(ATR) The International Canoe Federation (ICF) has had to juggle to try a program for Paris 2024 with quality, attractive and universal.
This position is as a result of the parameters set by the International Olympic Committee: reduction of 12 quotas, the same number of Tokyo medals and the proposal of Paris 2024 to include the Extreme Slalom
On Thursday the ICF Executive Board readjusted quotas and distances, of the 10 Sprint events and the Extreme Slalom within the Slalom program, in the Parisian appointment in four years.
The ICF had to analyze, debate and vote for these radical changes in a race against the clock after the IOC informed on November 9 that the federation had to reduce 12 quotas without additional medals.That proposal was to be received by the Olympic Program Commission in November.
The two events proposed by the ICF Technical Commission that would be left out of the Paris 2024 program are the K1 200 meters for men and women. This distance had been introduced in the 2012 London Olympics.
With this proposal, the Paris 2024 program will include 10 sprint events (instead of the 12 in Tokyo),and six in slalom with the two in extreme slalom.
The Parisian organizers had opted for the inclusion in the extreme slalom program within their approach to guaranteeing an Olympic product oriented to young people, attractive and innovative
Around the Rings learned that former canoeist Tony Estanguet, president of the Paris 2024 Organizing Committee, attended these virtual debates in his capacity as a member of the ICF Executive Board but did not participate in the vote on the proposals.
Tokyo 2020 will see an equal number of events and quotas for men and women for the first time in canoeing.
Next Monday the president of the IOC, Thomas Bach, will announce in a video conference the final program for Paris 2024 after the first day of week-long meetings of the IOC Executive Board, ATR learned.
The IOC will also report on the quota reductions after analyzing the proposals for the Summer IFs and will give their decision on the four additional sports proposed by Paris 2024 – breakdance, skateboarding, sport climbing and surfing – for which no surprises are expected.
To compensate for the addition of 248 athletes who will compete in these supplementary sports, and preserve the figure of 10,500 total athletes, the IOC demanded a reduction in quotas, especially by International Federations of individual sports.
In canoeing the two sprint medals were transferred to the Extreme Slalom “but not the quotas that have come out of the Slalom”, the president of the ICF,José Perurena of Spain, clarifies to ATR.
With five events per gender remaining for Paris, the sprint “will have a greater number of quotas per event and more participation,” says Perurena.
The ICF president acknowledges that there were protests from a score of countries and an equal number of athletes for this decision, including that of the president of the Athletes’ Commission, Tim Lodge of Great Britain, who published his statement on the federation’s own official website. Lodge is also a member of the Technical Commission and the Executive Board.
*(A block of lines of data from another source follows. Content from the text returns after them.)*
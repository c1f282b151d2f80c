-- ===== src/Billing/Kind.antt =====
-- `ResourceKind` of crates/broker-billing/src/meter.rs, and maps keyed by it (a `BTreeMap`, which
-- is read in the order of the constructors).
use vulos_relay.Base.{
  ℕ, ◌≡◌, ◌↔◌, Bool, true, false, Option, none, some, List, [], ◌∷◌, arith, ◌==◌, if◌then◌else◌, Eq,
}

pub data ResourceKind : Type 0 where
  bytes_forwarded connections messages compute_seconds : ResourceKind

unfoldable pub wire_tag : ResourceKind → ℕ
wire_tag bytes_forwarded = 1
wire_tag connections = 2
wire_tag messages = 3
wire_tag compute_seconds = 4

unfoldable pub from_wire_tag : ℕ → Option ResourceKind
from_wire_tag tag =
    if tag == 1
    then some bytes_forwarded
    else if tag == 2
    then some connections
    else if tag == 3
    then some messages
    else if tag == 4
    then some compute_seconds
    else none

-- Derived `PartialEq`.
abbrev pub kind_beq : ResourceKind → ResourceKind → Bool
kind_beq bytes_forwarded bytes_forwarded = true
kind_beq connections connections = true
kind_beq messages messages = true
kind_beq compute_seconds compute_seconds = true
kind_beq _ _ = false

pub kind_beq_iff : (a b : ResourceKind) → (kind_beq a b ≡ true) ↔ (a ≡ b)
kind_beq_iff a b = ground arith

instance abbrev pub kind_eq : Eq ResourceKind
kind_eq = record { beq = kind_beq; beq_iff = kind_beq_iff }

abbrev pub KindMap : Type 0
KindMap = ResourceKind → Option ℕ

abbrev pub no_kinds : KindMap
no_kinds _ = none

abbrev pub set_kind : KindMap → ResourceKind → ℕ → KindMap
set_kind m k v j = if kind_beq k j then some v else m j

abbrev pub count_or_zero : Option ℕ → ℕ
count_or_zero none = 0
count_or_zero (some n) = n

-- Every kind, in the order of the derived `Ord`.
abbrev pub kinds : List ResourceKind
kinds = bytes_forwarded ∷ connections ∷ messages ∷ compute_seconds ∷ []

abbrev pub entries_of : KindMap → List ResourceKind → List (ResourceKind × ℕ)
entries_of m [] = []
entries_of m (k ∷ ks) = elim (m k) [ none ↦ entries_of m ks | some n ↦ (k, n) ∷ entries_of m ks ]

-- The entries of a map, in key order.
abbrev pub entries : KindMap → List (ResourceKind × ℕ)
entries m = entries_of m kinds

-- Decoding a tag succeeds on exactly one kind's tag, and gives that kind back: the two are inverse.
from_wire_tag-wire_tag :
    (tag : ℕ) (k : ResourceKind) → (from_wire_tag tag ≡ some k) ↔ (wire_tag k ≡ tag)
unfolding wire_tag from_wire_tag
from_wire_tag-wire_tag tag bytes_forwarded = ground arith
from_wire_tag-wire_tag tag connections = ground arith
from_wire_tag-wire_tag tag messages = ground arith
from_wire_tag-wire_tag tag compute_seconds = ground arith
“We are going to explain to each athlete individually, to each of the national federations. They are not punitive measures but technical based on the instructions of the IOC,” said Perurena
“The Executive Bureau did everything possible but in the Olympic Program the rules are set by the IOC, not the Federation.
“Today everyone has agreed for a better program.”
A week ago the Technical Committee met with virtually all specialists including representatives from the five continents and determined two options for virtual voting for the Executive Board, one with 12 sprint events and four slalom events without extreme slalom, and the another with 10 sprint events, four slalom and two extreme slalom.
A tense debate led to a 14-14 vote and a “casting vote” was required from the ICF president who ruled in favor of the second proposal.
It is believed that this second option will favor the aspirations of numerous NOCs participating in the continental games of the Americas, Africa and Europe, which guarantees better universality of the measure.
The ICF estimates that the addition of the new discipline to the Olympic calendar for both men and women, in addition to not requiring additional athlete quotas, will increase the likelihood that many of the slalom canoe competitors and from the Freestyle and Wildwater disciplines will also enter in the extreme competition.
Perurena reiterated that it was a very difficult decision to make, but with the parameters set by the IOC we had no other possibility in the Olympic canoe program.
“This decision allows the ICF to maintain its core strengths and at the same time bring innovation and diversity to the 2024 Olympic program,” he said.
“Extreme slalom can be part of the future of our sport and we know that it will be a perfect fit for the Olympics.
“It’s fast, popular with athletes and viewers alike, and it looks great on television. It fits very well within the IOC trend to present new adrenaline-fueled events that attract a younger audience.”
Extreme slalom also conforms to the IOC requirement that sports strive to get more value from their venues. It will be contested on the slalom canoe track and will add extra days to the Olympic slalom calendar.